Let $B=\{[a,b)\subset\Bbb R\mid a,b\in\Bbb Q\text{ and }a
Let $B=\{[a,b)\subset\Bbb R\mid a,b\in\Bbb Q\text{ and }a<b\}$ Show that $B$ is basis for topology on $\Bbb R$.
please check my proof 
1.Let $\bigcup B=\Bbb R$ and $x\in\Bbb Q $ then $x\in [x,x+1)$ and $[x,x+1)\in B$
2.Let $B_{1}=[a,b)a,b\in\Bbb Q$ and $B_{2}=[c,d)c,d\in\Bbb Q$
and
$a\leq c\leq d\leq b$ and $x\in B_{1}\cap B_{2}$
It must exist interval $B_{3}=[e,f) e,f\in\Bbb Q$
that lie between $a\leq c\leq d\leq b$ 
therefore $x\in B_{3}\subseteq B_{1}\cap B_{2}$ and $B$ is basis for a topology on $\Bbb R$
 A: Your proof is not a proof at all. If you wrote down this proof in an exam and I was correcting it, I would give you a point or two out of 25 for having some correct ideas, but no more. It is entirely unclear (1) what you are proving, (2) what you are assuming and (3) what statement follows from what other statement.
For example, you begin your proof by saying

Let $\bigcup B=\mathbb R$ and $x\in \mathbb Q$.

But you cannot just say "let this thing be true", if "this thing" is exactly what you want to prove! You have to prove that $\bigcup B=\mathbb R$. To do that, you need to prove that every element $x\in\mathbb R$ is an element of $\bigcup B$. Therefore, your proof should start with the words:

Let $x\in\mathbb R$.

and conclude with 

Therefore, $x\in\bigcup B$.


Similarly, for point $2$, your proof should start with two arbitrary elements $B_1,B_2\in B$, and an element $x\in B_1\cap B_2$. Your proof should conclude with the discovery of $B^*\in B$ (or whatever else you want to call the set) such that $x\in B^*\subseteq B_1\cap B_2$
A: To give an idea of a more valid proof:
Let $\mathcal{B} = \{[a,b): a,b \in \mathbb{Q}, a < b\}$ be our candidate base.


*

*Let $x \in \mathbb{R}$. As the rationals are order dense in the reals we can find some $q \in \mathbb{Q}$ such that $x-1 < q < x$. But then $x \in [q,q+1)$ and $[q,q+1) \in \mathcal{B}$, so $\bigcup \mathcal{B} = \mathbb{R}$.

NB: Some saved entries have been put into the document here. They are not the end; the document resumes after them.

-- ===== src/Agents/Http/Body.antt =====
-- The body that a submit sends.
use cordyceps.Common.{
  by_test, ◌+◌, String, ◌≡◌, refl, ap, ◌∙◌, Bool, true, false, ◌&&◌, Option, none, some, List, [],
  ◌∷◌, ◌++◌, arith,
}
use cordyceps.Agents.Feed.{State, Parsed}
use cordyceps.Agents.Http.{
  Submit, Request, Http, Reply, goes_on, find_submit, find_request, is_active, or_else, interrupt,
  kill, write_body, stage, submit, resume_staging, on_chunk, on_output, on_done, on_failed,
  on_timeout, Event, submitted, interrupt_done, control_done, control_threw, came, chunk, done,
  failed, timeout, interrupted, killed, written, on_event, on_events,
}

-- No submit begins, goes on or is given up, and nothing is written from outside.
abbrev pub is_quiet : Event → Bool
is_quiet (submitted i p) = false
is_quiet (interrupt_done k) = false
is_quiet (control_done k) = false
is_quiet (control_threw k) = false
is_quiet (written s) = false
is_quiet _ = true

abbrev pub all_quiet : List Event → Bool
all_quiet [] = true
all_quiet (e ∷ es) = is_quiet e && all_quiet es

module _ {R : Type 0} (parse : String → State R → Parsed R) (body_of : String → Option String)
    (default_body : String → String) where
  abbrev Keeps : Http R → Http R → Type 0
  Keeps g h = (h.staging ≡ g.staging) × (h.pending ≡ g.pending) × (h.sent ≡ g.sent)

  on_chunk-Keeps : (s : String) (o : Option Request) (h : Http R) → Keeps h (on_chunk parse s o h)
  unfolding on_chunk
  on_chunk-Keeps s none h = (refl, refl, refl)
  on_chunk-Keeps s (some r) h = (refl, refl, refl)

  on_output-Keeps : (s : String) (o : Option Request) (h : Http R) → Keeps h (on_output s o h)
  on_output-Keeps s none h = (refl, refl, refl)
  on_output-Keeps s (some r) h = (refl, refl, refl)

  on_done-Keeps : (o : Option Request) (h : Http R) → Keeps h (on_done o h)
  unfolding on_done
  on_done-Keeps none h = (refl, refl, refl)
  on_done-Keeps (some r) h = (refl, refl, refl)

  on_failed-Keeps : (o : Option Request) (h : Http R) → Keeps h (on_failed o h)
  unfolding on_failed
  on_failed-Keeps none h = (refl, refl, refl)
  on_failed-Keeps (some r) h = (refl, refl, refl)

  on_timeout-Keeps : (o : Option Request) (h : Http R) → Keeps h (on_timeout o h)
  on_timeout-Keeps none h = (refl, refl, refl)
  on_timeout-Keeps (some r) h = (refl, refl, refl)

  quiet-Keeps :
      (e : Event) (h : Http R)
      → is_quiet e ≡ true
      → Keeps h (on_event parse body_of default_body e h)
  unfolding on_event interrupt kill
  quiet-Keeps (submitted i p) h q = absurd (ground (arith, q))
  quiet-Keeps (interrupt_done k) h q = absurd (ground (arith, q))
  quiet-Keeps (control_done k) h q = absurd (ground (arith, q))
  quiet-Keeps (control_threw k) h q = absurd (ground (arith, q))
  quiet-Keeps (written s) h q = absurd (ground (arith, q))
  quiet-Keeps (came k s) h q = on_output-Keeps s (find_request k h.running) h
  quiet-Keeps (chunk k s) h q = on_chunk-Keeps s (find_request k h.running) h
  quiet-Keeps (done k) h q = on_done-Keeps (find_request k h.running) h
  quiet-Keeps (failed k) h q = on_failed-Keeps (find_request k h.running) h
  quiet-Keeps (timeout k) h q = on_timeout-Keeps (find_request k h.running) h
  quiet-Keeps interrupted h q =
      by_test (Keeps h) h.agent.has_exited (λ x. (refl, refl, refl)) (λ x. (refl, refl, refl))
  quiet-Keeps killed h q =
      by_test (Keeps h) h.agent.has_exited (λ x. (refl, refl, refl)) (λ x. (refl, refl, refl))

  all_quiet-Keeps :
      (es : List Event) (h : Http R)
      → all_quiet es ≡ true
      → Keeps h (on_events parse body_of default_body es h)
  unfolding on_events
  all_quiet-Keeps [] h q = (refl, refl, refl)
  all_quiet-Keeps (e ∷ es) h q =
      let (s, p, t) = quiet-Keeps e h (ground (arith, q)) in
      let (s', p', t') =
        all_quiet-Keeps es (on_event parse body_of default_body e h) (ground (arith, q)) in
      (s' ∙ s, p' ∙ p, t' ∙ t)

  write_body-fields :
      (o : Option String) (h : Http R)
      → h.pending ≡ none
      → ((write_body o h).staging ≡ h.staging)
        × ((write_body o h).pending ≡ o)
        × ((write_body o h).sent ≡ h.sent)
  write_body-fields none h e = (refl, e, refl)
  write_body-fields (some s) h e = (refl, refl, refl)

  abbrev own : String → Http R → Submit
  own p h = record { id = h.next_submit; prompt = p }

  submit_stages :
      (i : Bool) (p : String) (h : Http R)
      → h.agent.has_exited ≡ false
      → is_active h.active ≡ false
      → submit body_of i p h
        ≡ (stage body_of (own p h) (record h { next_submit = h.next_submit + 1 }), goes_on)
  unfolding submit
  submit_stages i p h x y =
      by_test Staged h.agent.has_exited (λ z. absurd (ground (arith, x, z)))
        (λ z. by_test Staged (is_active h.active) (λ w. absurd (ground (arith, y, w))) (λ w. refl))
    where
      Staged : Http R × Reply → Type 0
      Staged r =
          r ≡ (stage body_of (own p h) (record h { next_submit = h.next_submit + 1 }), goes_on)

  submit-fields :
      (i : Bool) (p : String) (h : Http R)
      → h.agent.has_exited ≡ false
      → is_active h.active ≡ false
      → ((submit body_of i p h).0.staging ≡ h.staging ++ own p h ∷ [])
        × ((submit body_of i p h).0.pending ≡ body_of p)
        × ((submit body_of i p h).0.sent ≡ h.sent)
  submit-fields i p h x y =
      let e = submit_stages i p h x y in
      let (s, b, t) =
        write_body-fields (body_of p)
          (record h {
            next_submit = h.next_submit + 1;
            pending = none;
            staging = h.staging ++ own p h ∷ [];
          })
          refl in
      (ap (λ r. r.0.staging) e ∙ s, ap (λ r. r.0.pending) e ∙ b, ap (λ r. r.0.sent) e ∙ t)

  resume_staging-sent :
      (o : Option Submit) (s : Submit) (h : Http R)
      → o ≡ some s
      → (resume_staging default_body o h).sent
        ≡ h.sent ++ or_else (default_body s.prompt) h.pending ∷ []
  resume_staging-sent o s h e = rw e refl

  find_own : (p : String) (h : Http R) → find_submit h.next_submit (own p h ∷ []) ≡ some (own p h)
  find_own p h = ground arith

-- While no other submit waits for the control, a submit to an agent that has not exited and has no
-- request in flight sends the body that the control wrote for its prompt, or the prompt as JSON where
-- it wrote none, whatever output, ends, failures, timers, interrupts and kills come before the control
-- returns.
pub own_body :
    {R : Type 0} (parse : String → State R → Parsed R) (body_of : String → Option String)
    (default_body : String → String) (i : Bool) (p : String) (es : List Event) (h : Http R)
    → h.staging ≡ []
    → h.agent.has_exited ≡ false
    → is_active h.active ≡ false
    → all_quiet es ≡ true
    → (on_event parse body_of default_body (control_done h.next_submit) (
        on_events parse body_of default_body es
          (on_event parse body_of default_body (submitted i p) h))).sent
      ≡ h.sent ++ or_else (default_body p) (body_of p) ∷ []
unfolding on_event
own_body parse body_of default_body i p es h n x y q =
    let h1 = (submit body_of i p h).0 in
    let h2 = on_events parse body_of default_body es h1 in
    let (s, b, t) = submit-fields parse body_of default_body i p h x y in
    let (s', b', t') = all_quiet-Keeps parse body_of default_body es h1 q in
    let mine = own parse body_of default_body p h in
    let found : find_submit h.next_submit h2.staging ≡ some mine =
      ap (find_submit h.next_submit) (s' ∙ s ∙ ap (λ l. l ++ mine ∷ []) n)
      ∙ find_own parse body_of default_body p h in
    resume_staging-sent parse body_of default_body (find_submit h.next_submit h2.staging) mine h2
      found
    ∙ ap (λ l. l ++ or_else (default_body p) h2.pending ∷ []) (t' ∙ t)
    ∙ ap (λ o. h.sent ++ or_else (default_body p) o ∷ []) (b' ∙ b)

*Let $B_1= [a,b) \in \mathcal{B}$ and $B_2 = [c,d) \in \mathcal{B}$.
Let $x \in B_1 \cap B_2$ be arbitrary. Then we know that $a \le x < b$ and $c \le x < d$ so that $\max(a,c) \le x$ and $x < \min(b,d)$. As all of $a,b,c,d$ are in $\mathbb{Q}$, $[\max(a,c),\min(b,d)) \in \mathcal{B}$ as well and clearly $$x \in [\max(a,c),\min(b,d)) \subseteq B_1 \cap B_2$$ as required.
So $\mathcal{B}$ obeys the two conditions to generate a topology.